The exchange that Kristoffer linked above revealed an issue that was affecting Windows users more than Linux users. stat is regularly used when accessing a file since it determines basic information such as does the file exist and if you have permission to access it. In particular, a basic stat operation on Linux is about 100x faster than its Windows analog (~100 nanoseconds versus ~10 microseconds). At a small scale a few microseconds is not noticeable, but over many file accesses this becomes noticeable on Windows before Linux. In that case, Julia was accessing the same file repeatedly. On Linux the cost for doing so is negligible but the cost is noticeable on Windows.

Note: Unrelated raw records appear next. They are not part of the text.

-- ===== src/Eviction/Invariant.antt =====
-- The invariant of the bookkeeping: every entry carries its own key, no key, insertion order or
-- access tick stands twice, and no number is past its counter.
use mlcache.Prelude.{
  ℕ, ◌+◌, ◌<◌, ◌≤◌, ◌≡◌, refl, some, List, arith, All, All-map, Option-cases, str_dec, inl, inr,
}
use mlcache.Dict.{Dict, get, assign}
use mlcache.Dict.Entries.{
  Distinct, UniqueKeys, assign-UniqueKeys, pop-UniqueKeys, assign-All, pop-All, column, get-All,
  assign-Distinct, pop-Distinct, assign-column_same, assign-column-All, pop-column-All,
}
use mlcache.Types.{CacheKey}
use mlcache.Eviction.{
  EvictionPolicyName, Datetime, EvictionEntryMetadata, CacheEvictionPolicy, init, fresh, touched,
  record_insert, record_hit, record_removal,
}

abbrev pub Keyed : CacheKey × EvictionEntryMetadata → Type 0
Keyed e = e.1.cache_key ≡ e.0

abbrev pub orders : Dict CacheKey EvictionEntryMetadata → List ℕ
orders = column str_dec (λ m. m.insertion_order)

abbrev pub ticks : Dict CacheKey EvictionEntryMetadata → List ℕ
ticks = column str_dec (λ m. m.last_access_tick)

pub record IsValid (p : CacheEvictionPolicy) : Type 0 where
  pub keyed : All Keyed p.entries
  pub unique : UniqueKeys str_dec p.entries
  pub orders_counted : All (λ n. n ≤ p.insertion_counter) (orders p.entries)
  pub ticks_counted : All (λ n. n ≤ p.clock) (ticks p.entries)
  pub orders_distinct : Distinct (orders p.entries)
  pub ticks_distinct : Distinct (ticks p.entries)

weaken : (n : ℕ) (ns : List ℕ) → All (λ m. m ≤ n) ns → All (λ m. m ≤ n + 1) ns
weaken n ns = All-map (λ m. m ≤ n) (λ m. m ≤ n + 1) ns (λ m h. omega arith)

strict : (n : ℕ) (ns : List ℕ) → All (λ m. m ≤ n) ns → All (λ m. m < n + 1) ns
strict n ns = All-map (λ m. m ≤ n) (λ m. m < n + 1) ns (λ m h. omega arith)

pub IsValid-init : (name : EvictionPolicyName) → IsValid (init name)
IsValid-init name = record {
  keyed = tt;
  unique = tt;
  orders_counted = tt;
  ticks_counted = tt;
  orders_distinct = tt;
  ticks_distinct = tt;
}

module _ (p : CacheEvictionPolicy) (key : CacheKey) where
  -- `record_insert` keeps the policy valid, for a new key and for one that is there: entries are
  -- kept under their own keys, no key twice, insertion orders and access ticks are at most their
  -- counters and differ from entry to entry.
  pub record_insert-IsValid : (now : Datetime) → IsValid p → IsValid (record_insert p key now)
  unfolding record_insert
  record_insert-IsValid now v =
      let m = fresh p key now in
      record {
        keyed = assign-All str_dec Keyed key m p.entries refl v.keyed;
        unique = assign-UniqueKeys str_dec key m p.entries v.unique;
        orders_counted =
            assign-column-All str_dec (λ x. x.insertion_order) (λ n. n ≤ p.insertion_counter + 1)
              key m p.entries (omega arith) (weaken _ _ v.orders_counted);
        ticks_counted =
            assign-column-All str_dec (λ x. x.last_access_tick) (λ n. n ≤ p.clock + 1) key m
              p.entries (omega arith) (weaken _ _ v.ticks_counted);
        orders_distinct =
            assign-Distinct str_dec (λ x. x.insertion_order) key m p.entries
              (strict _ _ v.orders_counted) v.orders_distinct;
        ticks_distinct =
            assign-Distinct str_dec (λ x. x.last_access_tick) key m p.entries
              (strict _ _ v.ticks_counted) v.ticks_distinct;
      }

  hit_present :
      (now : Datetime) (m : EvictionEntryMetadata)
      → get str_dec key p.entries ≡ some m
      → IsValid p
      → IsValid (record p {
        entries = assign str_dec key (touched p m now) p.entries;
        clock = p.clock + 1;
      })
  hit_present now m e v =
      let m' = touched p m now in
      let same = assign-column_same str_dec (λ x. x.insertion_order) key m' m p.entries e refl in
      record {
        keyed =
            assign-All str_dec Keyed key m' p.entries
              (get-All str_dec Keyed key p.entries m v.keyed e) v.keyed;
        unique = assign-UniqueKeys str_dec key m' p.entries v.unique;
        orders_counted = rw same v.orders_counted;
        ticks_counted =
            assign-column-All str_dec (λ x. x.last_access_tick) (λ n. n ≤ p.clock + 1) key m'
              p.entries (omega arith) (weaken _ _ v.ticks_counted);
        orders_distinct = rw same v.orders_distinct;
        ticks_distinct =
            assign-Distinct str_dec (λ x. x.last_access_tick) key m' p.entries
              (strict _ _ v.ticks_counted) v.ticks_distinct;
      }

  -- `record_hit` keeps the policy valid, for a tracked key and for an unknown one: entries under
  -- their own keys, no key twice, insertion orders and access ticks at most their counters and
  -- different from entry to entry.
  pub record_hit-IsValid : (now : Datetime) → IsValid p → IsValid (record_hit p key now)
  unfolding record_hit
  record_hit-IsValid now v = elim (Option-cases (get str_dec key p.entries)) [
    | inl e ↦ rw (e, record_hit) v
    | inr (m, e) ↦ rw (e, record_hit) (hit_present now m e v)
  ]

  -- `record_removal` keeps the policy valid, for a tracked key and for an unknown one: entries
  -- under their own keys, no key twice, insertion orders and access ticks at most their counters
  -- and different from entry to entry.
  pub record_removal-IsValid : IsValid p → IsValid (record_removal p key)
  unfolding record_removal
  record_removal-IsValid v = record {
    keyed = pop-All str_dec Keyed key p.entries v.keyed;
    unique = pop-UniqueKeys str_dec key p.entries v.unique;
    orders_counted =
        pop-column-All str_dec (λ x. x.insertion_order) (λ n. n ≤ p.insertion_counter) key p.entries
          v.orders_counted;
    ticks_counted =
        pop-column-All str_dec (λ x. x.last_access_tick) (λ n. n ≤ p.clock) key p.entries
          v.ticks_counted;
    orders_distinct = pop-Distinct str_dec (λ x. x.insertion_order) key p.entries v.orders_distinct;
    ticks_distinct = pop-Distinct str_dec (λ x. x.last_access_tick) key p.entries v.ticks_distinct;
  }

Fortunately due to Windows Subsystem for Linux 2, this is quite easy to evaluate now. Simply profile the operations in Windows and WSL2 and report the output of the following.
using Profile
Profile.clear()
@profile begin
<task that is slower on Windows than WSL2>
end
Profile.print(; C = true, format = :flat, sortedby = :count, mincount = 4)
The difference between Windows and WSL2 does point to something having gone awry in the Win32 API or NTFS file system rather than a fundamental issue in the Windows NT microkernel.
Ok I tried a quick benchmark (not yet with any Profileing); and it seems WSL is not actually that much faster here.
Seems like the big package load time speedup I observed was rather due to upgrading from Julia 1.8 to 1.9. My apologies
mkdir timetest
julia --startup-file=no --project=timetest -e "using Pkg; pkg\"add https://github.com/tfiers/MyToolbox.jl#11629da\"; @time using MyToolbox"
(warning, this takes a while in a fresh julia install: 152 packages will be precompiled. In parallel, so your cpu is occupied for a bit)
Windows:
4.416453 seconds (2.47 M allocations: 161.221 MiB, 3.22% gc time, 0.59% compilation time)
WSL2:
3.383194 seconds (2.35 M allocations: 154.908 MiB, 5.67% gc time, 0.75% compilation time)
These times very a bit from run to run, but WSL is consistently about one second faster
Julia 1.9.0-beta3 on both.
I don’t have the previous Julia version installed anymore, but this import used to take 40+ seconds until just a day ago (in an IJulia notebook, on Julia 1.8, with other packages in the same environment too). Hence my enthousiasm in the above post
The experience from IJulia is sometimes strange. I notice that sometimes precompilation caching does not work sometimes with IJulia, but it does pick up the cache once I precompiled with the plain Julia REPL first.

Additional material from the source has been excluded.